Excerpted data START

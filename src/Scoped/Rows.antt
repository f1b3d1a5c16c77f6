-- ===== src/Scoped/Rows.antt =====
-- crates/ignis/src/php/scoped.rs, `on_switch`: what a switch does to one object, as if it had the
-- thread to itself.
use ignis.Shared.{
  ℕ, ◌≡◌, ◌≢◌, refl, sym, ap, subst, ◌∙◌, inl, inr, Bool, true, false, List, [], ◌∷◌, Option, none,
  some, ◌==◌, if◌then◌else◌, lookup, insert, remove, lookup-insert, lookup-remove,
  lookup-insert_self, lookup-insert_other, UniqueKeys, Absent, ==_of_ne, eq_of_==, ne_of_==, arith,
  Bool-cases,
}
use ignis.Scoped.{
  Slots, Scoped, rows_of, row, row_zero, defaults, swap_tables, swap_slots, swap_all, on_switch,
}

abbrev pub Tables : Type 0
Tables = List (ℕ × List (ℕ × Slots))

-- What the slots become, from the copies that the scopes have of this object.
abbrev pub next_slots : (leaving entering : ℕ) → Slots → (ℕ → Option Slots) → Slots
next_slots leaving entering slots rows = elim (rows entering) [
  | some values ↦ values
  | none ↦ defaults (if leaving == row_zero then some slots else rows row_zero) slots
]

-- The copies after the switch: the scope that is left has one, and the one that is entered none.
abbrev pub next_row : (leaving entering : ℕ) → Slots → (ℕ → Option Slots) → ℕ → Option Slots
next_row leaving entering slots rows scope =
    if entering == scope then none else if leaving == scope then some slots else rows scope

rows_of_self : (l : ℕ) (R : List (ℕ × Slots)) (T : Tables) → rows_of l (insert l R T) ≡ R
rows_of_self l R T = ground (arith, lookup-insert_self l R T)

rows_of_other :
    (l s : ℕ) (R : List (ℕ × Slots)) (T : Tables) → l ≢ s → rows_of s (insert l R T) ≡ rows_of s T
rows_of_other l s R T n = ground (arith, lookup-insert_other l s R T n)

-- A copy of one object put into the table of a scope.
pub row_put :
    (l s j h : ℕ) (v : Slots) (T : Tables)
    → row s h (insert l (insert j v (rows_of l T)) T)
      ≡ (if l == s then (if j == h then some v else row s h T) else row s h T)
row_put l s j h v T = elim (Bool-cases (l == s)) [
  | inl y ↦ rw y (
      subst
        (λ (i : ℕ).
          row i h (insert l (insert j v (rows_of l T)) T) ≡ (if j == h then some v else row i h T))
        (eq_of_== l s y)
        (ap (lookup h) (rows_of_self l (insert j v (rows_of l T)) T)
          ∙ lookup-insert j h v (rows_of l T)))
  | inr z ↦ rw z (ap (lookup h) (rows_of_other l s (insert j v (rows_of l T)) T (ne_of_== l s z)))
]

abbrev saved : ℕ → ℕ → Slots → Tables → Tables
saved l j v T = insert l (insert j v (rows_of l T)) T

no_rows : (e h : ℕ) (T : Tables) → lookup e T ≡ none → row e h T ≡ none
unfolding lookup
no_rows e h T q =
    ap (λ (o : Option (List (ℕ × Slots))). lookup h (elim o [ some rows ↦ rows | none ↦ [] ])) q

some_rows :
    (e h : ℕ) (rows : List (ℕ × Slots)) (T : Tables)
    → lookup e T ≡ some rows
    → row e h T ≡ lookup h rows
some_rows e h rows T q =
    ap (λ (o : Option (List (ℕ × Slots))). lookup h (elim o [ some r ↦ r | none ↦ [] ])) q

abbrev take_from : Option (List (ℕ × Slots)) → ℕ → ℕ → Tables → Tables
take_from found e j T = elim found [ some rows ↦ insert e (remove j rows) T | none ↦ T ]

-- A copy taken out of the table of a scope, where there is one.
row_taken :
    (e s j h : ℕ) (T : Tables) (found : Option (List (ℕ × Slots)))
    → lookup e T ≡ found
    → row s h (take_from found e j T)
      ≡ (if e == s then (if j == h then none else row s h T) else row s h T)
row_taken e s j h T none q = elim (Bool-cases (e == s)) [
  | inr z ↦ rw z refl
  | inl y ↦
      let gone : row s h T ≡ none =
        subst (λ (i : ℕ). row i h T ≡ none) (eq_of_== e s y) (no_rows e h T q) in
      rw y (ground (arith, gone))
]
row_taken e s j h T (some rows) q = elim (Bool-cases (e == s)) [
  | inr z ↦ rw z (ap (lookup h) (rows_of_other e s (remove j rows) T (ne_of_== e s z)))
  | inl y ↦
      let now : row e h (insert e (remove j rows) T) ≡ (if j == h then none else row e h T) =
        ap (lookup h) (rows_of_self e (remove j rows) T)
        ∙ (lookup-remove j h rows
            ∙ ap (λ (o : Option Slots). if j == h then none else o)
                (sym (some_rows e h rows T q))) in
      rw y (
        subst
          (λ (i : ℕ). row i h (insert e (remove j rows) T) ≡ (if j == h then none else row i h T))
          (eq_of_== e s y) now)
]

-- One object's turn: another object's copies stay, and its own move.
pub row-swap_tables :
    (l e s j h : ℕ) (v : Slots) (T : Tables)
    → row s h (swap_tables l e j v T)
      ≡ (if j == h then next_row l e v (λ (i : ℕ). row i h T) s else row s h T)
unfolding swap_tables
row-swap_tables l e s j h v T =
    row_taken e s j h (saved l j v T) (lookup e (saved l j v T)) refl
    ∙ ground (arith, row_put l s j h v T)

pub swap_slots-next :
    (l e h : ℕ) (v : Slots) (T : Tables)
    → l ≢ e
    → swap_slots l e h v T ≡ next_slots l e v (λ (i : ℕ). row i h T)
unfolding swap_slots
swap_slots-next l e h v T n = ground (arith, n, row_put l e h h v T, row_put l row_zero h h v T)

-- The turn of another object.
swap_slots-other :
    (l e j h : ℕ) (u v : Slots) (T : Tables)
    → l ≢ e
    → j ≢ h
    → swap_slots l e h v (swap_tables l e j u T) ≡ swap_slots l e h v T
swap_slots-other l e j h u v T n m = ground (
  arith,
  m,
  swap_slots-next l e h v T n,
  swap_slots-next l e h v (swap_tables l e j u T) n,
  row-swap_tables l e e j h u T,
  row-swap_tables l e row_zero j h u T,
)

-- An object that is not live keeps its copies.
swap_all-Absent :
    (l e s h : ℕ) (live : List (ℕ × Slots)) (T : Tables)
    → Absent h live
    → row s h (swap_all l e live T).1 ≡ row s h T
unfolding swap_all
swap_all-Absent l e s h [] T a = refl
swap_all-Absent l e s h ((j, v) ∷ live) T a =
    swap_all-Absent l e s h live (swap_tables l e j v T) a.1
    ∙ ground (arith, a.0, row-swap_tables l e s j h v T)

no_entry : (h : ℕ) (v : Slots) → lookup h [] ≡ some v → ⊥
unfolding lookup
no_entry h v q = ground (arith, q)

head_slots :
    (j h : ℕ) (x v : Slots) (live : List (ℕ × Slots))
    → (j == h) ≡ true
    → lookup h ((j, x) ∷ live) ≡ some v
    → x ≡ v
unfolding lookup
head_slots j h x v live y q =
    let same : some x ≡ some v =
      ap (λ (b : Bool). if b then some x else lookup h live) (sym y) ∙ q in
    cc same

tail_slots :
    (j h : ℕ) (x v : Slots) (live : List (ℕ × Slots))
    → (j == h) ≡ false
    → lookup h ((j, x) ∷ live) ≡ some v
    → lookup h live ≡ some v
unfolding lookup
tail_slots j h x v live z q = ap (λ (b : Bool). if b then some x else lookup h live) (sym z) ∙ q

swap_all-slots :
    (l e h : ℕ) (v : Slots) (live : List (ℕ × Slots)) (T : Tables)
    → l ≢ e
    → lookup h live ≡ some v
    → lookup h (swap_all l e live T).0 ≡ some (swap_slots l e h v T)
unfolding swap_all lookup
swap_all-slots l e h v [] T n q = ground (arith, q)
swap_all-slots l e h v ((j, x) ∷ live) T n q = elim (Bool-cases (j == h)) [
  | inl y ↦ rw y (
      ap (λ (i : ℕ). some (swap_slots l e i x T)) (eq_of_== j h y)
      ∙ ap (λ (o : Slots). some (swap_slots l e h o T)) (head_slots j h x v live y q))
  | inr z ↦ rw z (
      swap_all-slots l e h v live (swap_tables l e j x T) n (tail_slots j h x v live z q)
      ∙ ap some (swap_slots-other l e j h x v T n (ne_of_== j h z)))
]

swap_all-row :
    (l e s h : ℕ) (v : Slots) (live : List (ℕ × Slots)) (T : Tables)
    → UniqueKeys live
    → lookup h live ≡ some v
    → row s h (swap_all l e live T).1 ≡ next_row l e v (λ (i : ℕ). row i h T) s
unfolding swap_all
swap_all-row l e s h v [] T u q = elim (no_entry h v q) [ ]
swap_all-row l e s h v ((j, x) ∷ live) T u q = elim (Bool-cases (j == h)) [
  | inl y ↦
      swap_all-Absent l e s h live (swap_tables l e j x T)
        (subst (λ (i : ℕ). Absent i live) (eq_of_== j h y) u.0)
      ∙ (row-swap_tables l e s j h x T
          ∙ (ap (λ (b : Bool). if b then next_row l e x (λ (i : ℕ). row i h T) s else row s h T) y
              ∙ ap (λ (o : Slots). next_row l e o (λ (i : ℕ). row i h T) s)
                  (head_slots j h x v live y q)))
  | inr z ↦
      swap_all-row l e s h v live (swap_tables l e j x T) u.1 (tail_slots j h x v live z q)
      ∙ ap (λ (r : Option Slots). if e == s then none else if l == s then some v else r)
          (row-swap_tables l e s j h x T
            ∙ ap (λ (b : Bool). if b then next_row l e x (λ (i : ℕ). row i h T) s else row s h T) z)
]

-- Where each live object has one entry, and the scopes differ: a switch does to each object, and to
-- the copies of it that the scopes have, what `next_slots` and `next_row` say, which know of no other
-- object; the scope that is entered gets its own copy back, or row zero's where it has none.
pub on_switch-refines :
    (l e s h : ℕ) (v : Slots) (w : Scoped)
    → UniqueKeys w.live
    → l ≢ e
    → lookup h w.live ≡ some v
    → (lookup h (on_switch l e w).live ≡ some (next_slots l e v (λ (i : ℕ). row i h w.tables)))
      × (row s h (on_switch l e w).tables ≡ next_row l e v (λ (i : ℕ). row i h w.tables) s)
unfolding on_switch
on_switch-refines l e s h v w u n q =
    rw (==_of_ne l e n, on_switch)
      (
        swap_all-slots l e h v w.live w.tables n q ∙ ap some (swap_slots-next l e h v w.tables n),
        swap_all-row l e s h v w.live w.tables u q,
      )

Excerpted data END

What is needed:
List every line above that holds the word "Absent".

Output below:
  lookup-insert_self, lookup-insert_other, UniqueKeys, Absent, ==_of_ne, eq_of_==, ne_of_==, arith,
swap_all-Absent :
    → Absent h live
swap_all-Absent l e s h [] T a = refl
swap_all-Absent l e s h ((j, v) ∷ live) T a =
    swap_all-Absent l e s h live (swap_tables l e j v T) a.1
      swap_all-Absent l e s h live (swap_tables l e j x T)
        (subst (λ (i : ℕ). Absent i live) (eq_of_== j h y) u.0)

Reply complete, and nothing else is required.